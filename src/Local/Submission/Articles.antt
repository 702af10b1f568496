-- ===== src/Local/Submission/Articles.antt =====
-- The transactions of the three token articles.
use blog_solutions.Prelude.{ℕ, ℤ, pos, ◌≡◌, refl, [], true, ok}
use blog_solutions.Local.Program.{Trace, World, exec, Ensures, on_end}
use blog_solutions.Local.Calls.{call_failed, NodeCall, NodeAnswer}
use blog_solutions.Local.Ethereum.{Ethereum}
use blog_solutions.Local.Success.{
  OnSuccess, OnSuccess-bind, OnSuccess-checked, OnSuccess-always, OnSuccess-exec,
}
use blog_solutions.Local.Transact.{
  Kind, legacy, access, dynamic, blob, other_kind, Account, Envelope,
}
use blog_solutions.Local.Token.{article_transfer}
use blog_solutions.Local.Submission.{is_token_kind}
use blog_solutions.Local.Submission.Paid.{
  article_transfer-IsTransfer, IsCall, IsPaid, transact-IsPaid,
}
use blog_solutions.Local.Transact as Legacy
use blog_solutions.Local.Submission.{key_number, watch, settle, submit}
use blog_solutions.Local.Access as Access
use blog_solutions.Local.Dynamic as Dynamic
use blog_solutions.Local.Series as Series
use blog_solutions.Fees.Caps.{fee_caps}

module _ {Tx Key : Type 0} (lib : Ethereum Tx Key) where
  sign_access-IsCall :
      (token : ℕ) (chain : ℤ) (account : Account Key) (past : Trace (NodeCall Tx) NodeAnswer)
      → Ensures
          (OnSuccess (λ t envelope. IsCall lib chain account token access envelope))
          past
          (Access.sign_access lib token chain account)
  unfolding Access.sign_access Ensures on_end
  sign_access-IsCall token chain account past =
      let R : Trace (NodeCall Tx) NodeAnswer → Envelope Tx → Type 0 =
        λ t envelope. IsCall lib chain account token access envelope in
      λ suggested. OnSuccess-checked R _ call_failed suggested _ λ price e reply.
        OnSuccess-checked R _ call_failed reply _ λ discovery e2.
          OnSuccess-bind (λ t entries. Unit) R _
            (Access.discovered lib discovery.error discovery.access_list) _
            (OnSuccess-always _ (Access.discovered lib discovery.error discovery.access_list))
            λ t entries w u estimated. OnSuccess-checked R _ call_failed estimated _ λ gas e3.
              OnSuccess-checked R _ call_failed
                (lib.sign_access_list chain account.key (record {
                  chain = chain;
                  nonce = account.nonce;
                  gas_price = price;
                  gas = gas;
                  to = token;
                  value = pos 0;
                  data_of = article_transfer;
                  access_list = entries;
                }))
                _
                λ signed e4. record {
                  to = refl;
                  value = refl;
                  transfers = article_transfer-IsTransfer;
                  signed = (price, gas, entries, e4);
                }

  sign_dynamic-IsCall :
      (token : ℕ) (chain : ℤ) (account : Account Key) (past : Trace (NodeCall Tx) NodeAnswer)
      → Ensures
          (OnSuccess (λ t envelope. IsCall lib chain account token dynamic envelope))
          past
          (Dynamic.sign_dynamic lib token chain account)
  unfolding Dynamic.sign_dynamic Ensures on_end
  sign_dynamic-IsCall token chain account past =
      let R : Trace (NodeCall Tx) NodeAnswer → Envelope Tx → Type 0 =
        λ t envelope. IsCall lib chain account token dynamic envelope in
      OnSuccess-bind (λ t caps. Unit) R past fee_caps _ (OnSuccess-always past fee_caps)
        λ t caps w u estimated. OnSuccess-checked R _ call_failed estimated _ λ gas e.
          OnSuccess-checked R _ call_failed
            (lib.sign_dynamic_fee chain account.key (record {
              chain = chain;
              nonce = account.nonce;
              gas_tip_cap = caps.0;
              gas_fee_cap = caps.1;
              gas = gas;
              to = token;
              value = pos 0;
              data_of = article_transfer;
            }))
            _
            λ signed f. record {
              to = refl;
              value = refl;
              transfers = article_transfer-IsTransfer;
              signed = (caps.0, caps.1, gas, f);
            }

  series_sign-IsCall :
      (token : ℕ) (chain : ℤ) (kind : Kind) (account : Account Key)
      (past : Trace (NodeCall Tx) NodeAnswer)
      → is_token_kind kind ≡ true
      → Ensures
          (OnSuccess (λ t envelope. IsCall lib chain account token kind envelope))
          past
          (Series.sign_kind lib token chain account kind)
  unfolding Series.sign_kind
  series_sign-IsCall token chain legacy account past k = absurd cc
  series_sign-IsCall token chain access account past k = sign_access-IsCall token chain account past
  series_sign-IsCall token chain dynamic account past k =
      sign_dynamic-IsCall token chain account past
  series_sign-IsCall token chain blob account past k = absurd cc
  series_sign-IsCall token chain other_kind account past k = absurd cc

  pub series_transact-IsPaid :
      (polls token : ℕ) (chain : ℤ) (kind : Kind) (past : Trace (NodeCall Tx) NodeAnswer)
      → is_token_kind kind ≡ true
      → Ensures
          (OnSuccess (λ t u. IsPaid lib chain token kind t))
          past
          (Series.transact lib polls chain token kind)
  unfolding Series.transact
  series_transact-IsPaid polls token chain kind past k =
      transact-IsPaid lib polls token chain kind
        (λ account. Series.sign_kind lib token chain account kind) past k
        (λ account t. series_sign-IsCall token chain kind account t k)

  -- Whatever the node answers, when `transact` of the first article returns no error for a kind
  -- that moves the token, then: the transaction sent is one of that kind in which the account of
  -- key 2, with the nonce that the node had given, calls the token's `transfer` with the recipient
  -- and the amount, and it reads back as signed by that account; its receipt has status 1, its type
  -- and its hash; the balances that the token has answered before the sending and behind it differ
  -- by the amount, down for the sender and up for the recipient; the one log of the receipt is that
  -- transfer; and a mined transaction of the kind "access" has an access list.
  pub series_pays :
      (world : World (NodeCall Tx) NodeAnswer) (polls token : ℕ) (chain : ℤ) (kind : Kind)
      → is_token_kind kind ≡ true
      → (exec world [] (Series.transact lib polls chain token kind)).1 ≡ ok tt
      → IsPaid lib chain token kind (exec world [] (Series.transact lib polls chain token kind)).0
  series_pays world polls token chain kind k e =
      OnSuccess-exec (λ t u. IsPaid lib chain token kind t) world [] _ tt
        (series_transact-IsPaid polls token chain kind [] k) e

  access_sign-IsCall :
      (token : ℕ) (chain : ℤ) (kind : Kind) (account : Account Key)
      (past : Trace (NodeCall Tx) NodeAnswer)
      → is_token_kind kind ≡ true
      → Ensures
          (OnSuccess (λ t envelope. IsCall lib chain account token kind envelope))
          past
          (Access.sign_kind lib token chain account kind)
  unfolding Access.sign_kind
  access_sign-IsCall token chain legacy account past k = absurd cc
  access_sign-IsCall token chain access account past k = sign_access-IsCall token chain account past
  access_sign-IsCall token chain dynamic account past k = unfold Ensures in tt
  access_sign-IsCall token chain blob account past k = absurd cc
  access_sign-IsCall token chain other_kind account past k = absurd cc

  pub access_transact-IsPaid :
      (polls token : ℕ) (chain : ℤ) (kind : Kind) (past : Trace (NodeCall Tx) NodeAnswer)
      → is_token_kind kind ≡ true
      → Ensures
          (OnSuccess (λ t u. IsPaid lib chain token kind t))
          past
          (Access.transact lib polls chain token kind)
  unfolding Access.transact
  access_transact-IsPaid polls token chain kind past k =
      transact-IsPaid lib polls token chain kind
        (λ account. Access.sign_kind lib token chain account kind) past k
        (λ account t. access_sign-IsCall token chain kind account t k)

  dynamic_sign-IsCall :
      (token : ℕ) (chain : ℤ) (kind : Kind) (account : Account Key)
      (past : Trace (NodeCall Tx) NodeAnswer)
      → is_token_kind kind ≡ true
      → Ensures
          (OnSuccess (λ t envelope. IsCall lib chain account token kind envelope))
          past
          (Dynamic.sign_kind lib token chain account kind)
  unfolding Dynamic.sign_kind
  dynamic_sign-IsCall token chain legacy account past k = absurd cc
  dynamic_sign-IsCall token chain access account past k = unfold Ensures in tt
  dynamic_sign-IsCall token chain dynamic account past k =
      sign_dynamic-IsCall token chain account past
  dynamic_sign-IsCall token chain blob account past k = absurd cc
  dynamic_sign-IsCall token chain other_kind account past k = absurd cc

  pub dynamic_transact-IsPaid :
      (polls token : ℕ) (chain : ℤ) (kind : Kind) (past : Trace (NodeCall Tx) NodeAnswer)
      → is_token_kind kind ≡ true
      → Ensures
          (OnSuccess (λ t u. IsPaid lib chain token kind t))
          past
          (Dynamic.transact lib polls chain token kind)
  unfolding Dynamic.transact
  dynamic_transact-IsPaid polls token chain kind past k =
      transact-IsPaid lib polls token chain kind
        (λ account. Dynamic.sign_kind lib token chain account kind) past k
        (λ account t. dynamic_sign-IsCall token chain kind account t k)

  -- The case "legacy" of the first article is the one of its own article.
  pub series_transact_legacy :
      (polls token : ℕ) (chain : ℤ)
      → Series.transact lib polls chain token legacy ≡ Legacy.transact lib polls chain legacy
  unfolding Series.transact Series.sign_kind submit watch settle key_number Legacy.transact
      Legacy.submit on_end
  series_transact_legacy polls token chain = refl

TASK TO COMPLETE: Taking the listing above line by line, say how many lines include the string "amount", and give only that number.

TASK ANSWER: 2